_ASSIGNMENT_: Every line below from the one containing "pub data UserCall (J : Type 0) : Type 0 where" through the one containing "users : UserCall J → Call N J F" must be transcribed exactly. Omit all lines outside that stretch.

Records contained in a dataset
○ ○ ○ ○ ○ ○ ○

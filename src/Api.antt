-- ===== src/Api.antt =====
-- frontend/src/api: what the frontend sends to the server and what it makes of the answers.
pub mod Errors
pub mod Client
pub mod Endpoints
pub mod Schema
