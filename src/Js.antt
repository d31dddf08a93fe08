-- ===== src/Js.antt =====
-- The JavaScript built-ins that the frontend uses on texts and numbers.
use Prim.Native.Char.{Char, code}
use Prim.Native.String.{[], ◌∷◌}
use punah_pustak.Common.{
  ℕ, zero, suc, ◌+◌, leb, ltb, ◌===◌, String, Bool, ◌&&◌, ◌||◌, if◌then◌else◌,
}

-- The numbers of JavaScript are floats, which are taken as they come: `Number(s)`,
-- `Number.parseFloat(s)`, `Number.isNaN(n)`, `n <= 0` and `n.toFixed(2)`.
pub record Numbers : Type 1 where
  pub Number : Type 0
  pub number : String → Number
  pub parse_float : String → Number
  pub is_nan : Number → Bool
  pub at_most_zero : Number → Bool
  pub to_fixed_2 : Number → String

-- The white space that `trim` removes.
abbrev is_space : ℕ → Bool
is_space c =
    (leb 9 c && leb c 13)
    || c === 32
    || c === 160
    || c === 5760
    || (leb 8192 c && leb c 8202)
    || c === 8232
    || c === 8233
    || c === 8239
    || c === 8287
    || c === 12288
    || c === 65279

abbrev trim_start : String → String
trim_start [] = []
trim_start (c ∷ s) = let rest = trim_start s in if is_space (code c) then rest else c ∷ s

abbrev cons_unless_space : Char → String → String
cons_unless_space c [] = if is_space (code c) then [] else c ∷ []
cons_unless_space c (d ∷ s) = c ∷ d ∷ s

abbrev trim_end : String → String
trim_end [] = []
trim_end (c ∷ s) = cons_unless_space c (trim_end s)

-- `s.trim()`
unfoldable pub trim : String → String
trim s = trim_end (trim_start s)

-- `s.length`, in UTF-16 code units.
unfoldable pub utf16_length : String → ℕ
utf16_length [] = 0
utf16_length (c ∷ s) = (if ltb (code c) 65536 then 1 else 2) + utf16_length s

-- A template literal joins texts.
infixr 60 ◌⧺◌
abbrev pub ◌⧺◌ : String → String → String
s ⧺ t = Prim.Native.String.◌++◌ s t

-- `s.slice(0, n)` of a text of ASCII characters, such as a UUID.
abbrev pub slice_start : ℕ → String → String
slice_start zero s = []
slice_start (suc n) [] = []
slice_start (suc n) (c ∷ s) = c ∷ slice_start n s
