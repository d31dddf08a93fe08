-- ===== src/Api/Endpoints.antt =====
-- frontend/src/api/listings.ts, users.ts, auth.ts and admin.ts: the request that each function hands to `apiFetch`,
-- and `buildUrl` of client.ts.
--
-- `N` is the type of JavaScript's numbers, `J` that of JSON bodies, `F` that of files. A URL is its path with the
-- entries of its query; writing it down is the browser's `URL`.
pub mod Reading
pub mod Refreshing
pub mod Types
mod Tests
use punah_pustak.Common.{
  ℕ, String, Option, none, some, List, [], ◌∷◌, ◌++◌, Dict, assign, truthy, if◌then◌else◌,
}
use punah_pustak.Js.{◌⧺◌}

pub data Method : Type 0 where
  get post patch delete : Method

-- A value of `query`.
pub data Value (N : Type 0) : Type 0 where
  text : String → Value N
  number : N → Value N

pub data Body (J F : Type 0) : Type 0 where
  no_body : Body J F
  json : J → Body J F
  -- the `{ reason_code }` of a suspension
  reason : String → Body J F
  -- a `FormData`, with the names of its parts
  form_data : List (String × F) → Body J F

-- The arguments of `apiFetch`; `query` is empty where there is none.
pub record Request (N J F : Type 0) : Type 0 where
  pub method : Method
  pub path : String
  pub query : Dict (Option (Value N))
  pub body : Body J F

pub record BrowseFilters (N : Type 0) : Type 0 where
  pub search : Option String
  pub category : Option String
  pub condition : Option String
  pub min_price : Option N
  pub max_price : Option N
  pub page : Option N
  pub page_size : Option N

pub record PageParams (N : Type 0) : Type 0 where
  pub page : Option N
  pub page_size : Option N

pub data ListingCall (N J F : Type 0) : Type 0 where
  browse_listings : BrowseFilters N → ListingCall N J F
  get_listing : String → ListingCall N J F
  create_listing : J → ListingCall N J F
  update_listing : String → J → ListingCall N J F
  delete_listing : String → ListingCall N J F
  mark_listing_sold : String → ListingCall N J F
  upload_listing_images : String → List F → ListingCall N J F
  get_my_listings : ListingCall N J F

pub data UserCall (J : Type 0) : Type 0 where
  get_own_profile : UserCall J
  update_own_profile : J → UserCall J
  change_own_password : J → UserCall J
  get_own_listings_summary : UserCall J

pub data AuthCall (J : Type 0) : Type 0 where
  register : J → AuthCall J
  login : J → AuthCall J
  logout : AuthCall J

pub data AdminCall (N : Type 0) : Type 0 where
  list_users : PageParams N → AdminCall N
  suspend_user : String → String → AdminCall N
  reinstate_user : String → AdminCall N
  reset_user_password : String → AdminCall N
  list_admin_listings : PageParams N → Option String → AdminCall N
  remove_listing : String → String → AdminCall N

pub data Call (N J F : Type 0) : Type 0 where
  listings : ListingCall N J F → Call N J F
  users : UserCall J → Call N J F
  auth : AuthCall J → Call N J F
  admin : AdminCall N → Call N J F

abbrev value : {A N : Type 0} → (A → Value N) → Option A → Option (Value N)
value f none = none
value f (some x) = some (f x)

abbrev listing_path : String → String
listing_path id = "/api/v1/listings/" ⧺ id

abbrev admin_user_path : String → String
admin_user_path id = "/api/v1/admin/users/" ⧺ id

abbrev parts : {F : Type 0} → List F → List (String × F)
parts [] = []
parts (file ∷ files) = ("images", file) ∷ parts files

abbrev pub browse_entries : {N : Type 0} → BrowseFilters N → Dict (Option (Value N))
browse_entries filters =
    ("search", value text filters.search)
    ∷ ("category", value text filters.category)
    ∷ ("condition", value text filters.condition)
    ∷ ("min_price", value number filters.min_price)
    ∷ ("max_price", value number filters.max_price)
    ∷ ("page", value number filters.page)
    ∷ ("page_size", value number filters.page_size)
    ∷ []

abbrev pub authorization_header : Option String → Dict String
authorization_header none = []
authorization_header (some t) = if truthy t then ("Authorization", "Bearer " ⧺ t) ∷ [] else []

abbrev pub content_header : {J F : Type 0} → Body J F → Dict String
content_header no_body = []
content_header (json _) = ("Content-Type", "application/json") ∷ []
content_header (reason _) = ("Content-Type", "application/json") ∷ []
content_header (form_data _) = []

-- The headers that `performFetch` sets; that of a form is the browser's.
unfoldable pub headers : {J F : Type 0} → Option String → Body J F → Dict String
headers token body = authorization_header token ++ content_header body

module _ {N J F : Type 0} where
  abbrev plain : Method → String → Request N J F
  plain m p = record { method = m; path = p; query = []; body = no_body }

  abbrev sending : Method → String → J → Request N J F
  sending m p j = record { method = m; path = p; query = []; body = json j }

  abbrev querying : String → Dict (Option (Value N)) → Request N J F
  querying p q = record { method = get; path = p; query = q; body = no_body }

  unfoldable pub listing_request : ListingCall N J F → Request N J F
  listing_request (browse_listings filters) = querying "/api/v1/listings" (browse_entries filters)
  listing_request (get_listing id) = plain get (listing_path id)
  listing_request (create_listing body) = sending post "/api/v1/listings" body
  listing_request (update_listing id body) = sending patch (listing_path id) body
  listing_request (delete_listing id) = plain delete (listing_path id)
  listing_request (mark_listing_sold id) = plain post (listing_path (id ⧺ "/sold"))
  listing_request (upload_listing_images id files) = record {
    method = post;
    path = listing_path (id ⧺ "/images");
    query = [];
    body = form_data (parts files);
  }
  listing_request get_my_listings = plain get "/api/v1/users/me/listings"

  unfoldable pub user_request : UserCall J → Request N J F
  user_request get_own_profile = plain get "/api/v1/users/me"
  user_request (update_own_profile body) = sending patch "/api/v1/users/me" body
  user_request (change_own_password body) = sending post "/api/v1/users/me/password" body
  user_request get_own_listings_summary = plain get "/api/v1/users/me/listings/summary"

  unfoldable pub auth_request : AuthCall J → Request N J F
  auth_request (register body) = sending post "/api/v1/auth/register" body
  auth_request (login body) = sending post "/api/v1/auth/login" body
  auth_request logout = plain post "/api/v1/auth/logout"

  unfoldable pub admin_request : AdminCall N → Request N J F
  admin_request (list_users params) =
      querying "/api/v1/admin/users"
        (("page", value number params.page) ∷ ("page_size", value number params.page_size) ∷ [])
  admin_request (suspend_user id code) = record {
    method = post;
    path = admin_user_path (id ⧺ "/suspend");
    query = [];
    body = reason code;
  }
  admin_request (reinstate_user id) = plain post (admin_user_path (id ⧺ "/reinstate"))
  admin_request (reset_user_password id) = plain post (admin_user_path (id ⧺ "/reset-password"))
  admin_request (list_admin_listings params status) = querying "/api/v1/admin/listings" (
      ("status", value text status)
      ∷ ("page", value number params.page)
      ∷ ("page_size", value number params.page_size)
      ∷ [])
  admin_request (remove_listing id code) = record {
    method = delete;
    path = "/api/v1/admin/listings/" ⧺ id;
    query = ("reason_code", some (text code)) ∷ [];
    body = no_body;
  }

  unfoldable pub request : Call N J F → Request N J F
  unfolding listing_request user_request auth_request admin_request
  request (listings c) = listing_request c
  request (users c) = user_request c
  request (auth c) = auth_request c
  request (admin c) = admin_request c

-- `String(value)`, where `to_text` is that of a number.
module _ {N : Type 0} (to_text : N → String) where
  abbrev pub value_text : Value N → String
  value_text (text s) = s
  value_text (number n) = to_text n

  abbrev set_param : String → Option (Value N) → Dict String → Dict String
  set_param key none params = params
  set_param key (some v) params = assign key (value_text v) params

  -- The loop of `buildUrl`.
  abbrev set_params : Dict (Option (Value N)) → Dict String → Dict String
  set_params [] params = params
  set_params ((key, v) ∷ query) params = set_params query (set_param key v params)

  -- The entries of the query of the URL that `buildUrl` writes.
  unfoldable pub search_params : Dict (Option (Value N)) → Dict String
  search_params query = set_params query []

○ ○ ○ ○ ○ ○ ○

_ANSWER BELOW_:
pub data UserCall (J : Type 0) : Type 0 where
  get_own_profile : UserCall J
  update_own_profile : J → UserCall J
  change_own_password : J → UserCall J
  get_own_listings_summary : UserCall J

pub data AuthCall (J : Type 0) : Type 0 where
  register : J → AuthCall J
  login : J → AuthCall J
  logout : AuthCall J

pub data AdminCall (N : Type 0) : Type 0 where
  list_users : PageParams N → AdminCall N
  suspend_user : String → String → AdminCall N
  reinstate_user : String → AdminCall N
  reset_user_password : String → AdminCall N
  list_admin_listings : PageParams N → Option String → AdminCall N
  remove_listing : String → String → AdminCall N

pub data Call (N J F : Type 0) : Type 0 where
  listings : ListingCall N J F → Call N J F
  users : UserCall J → Call N J F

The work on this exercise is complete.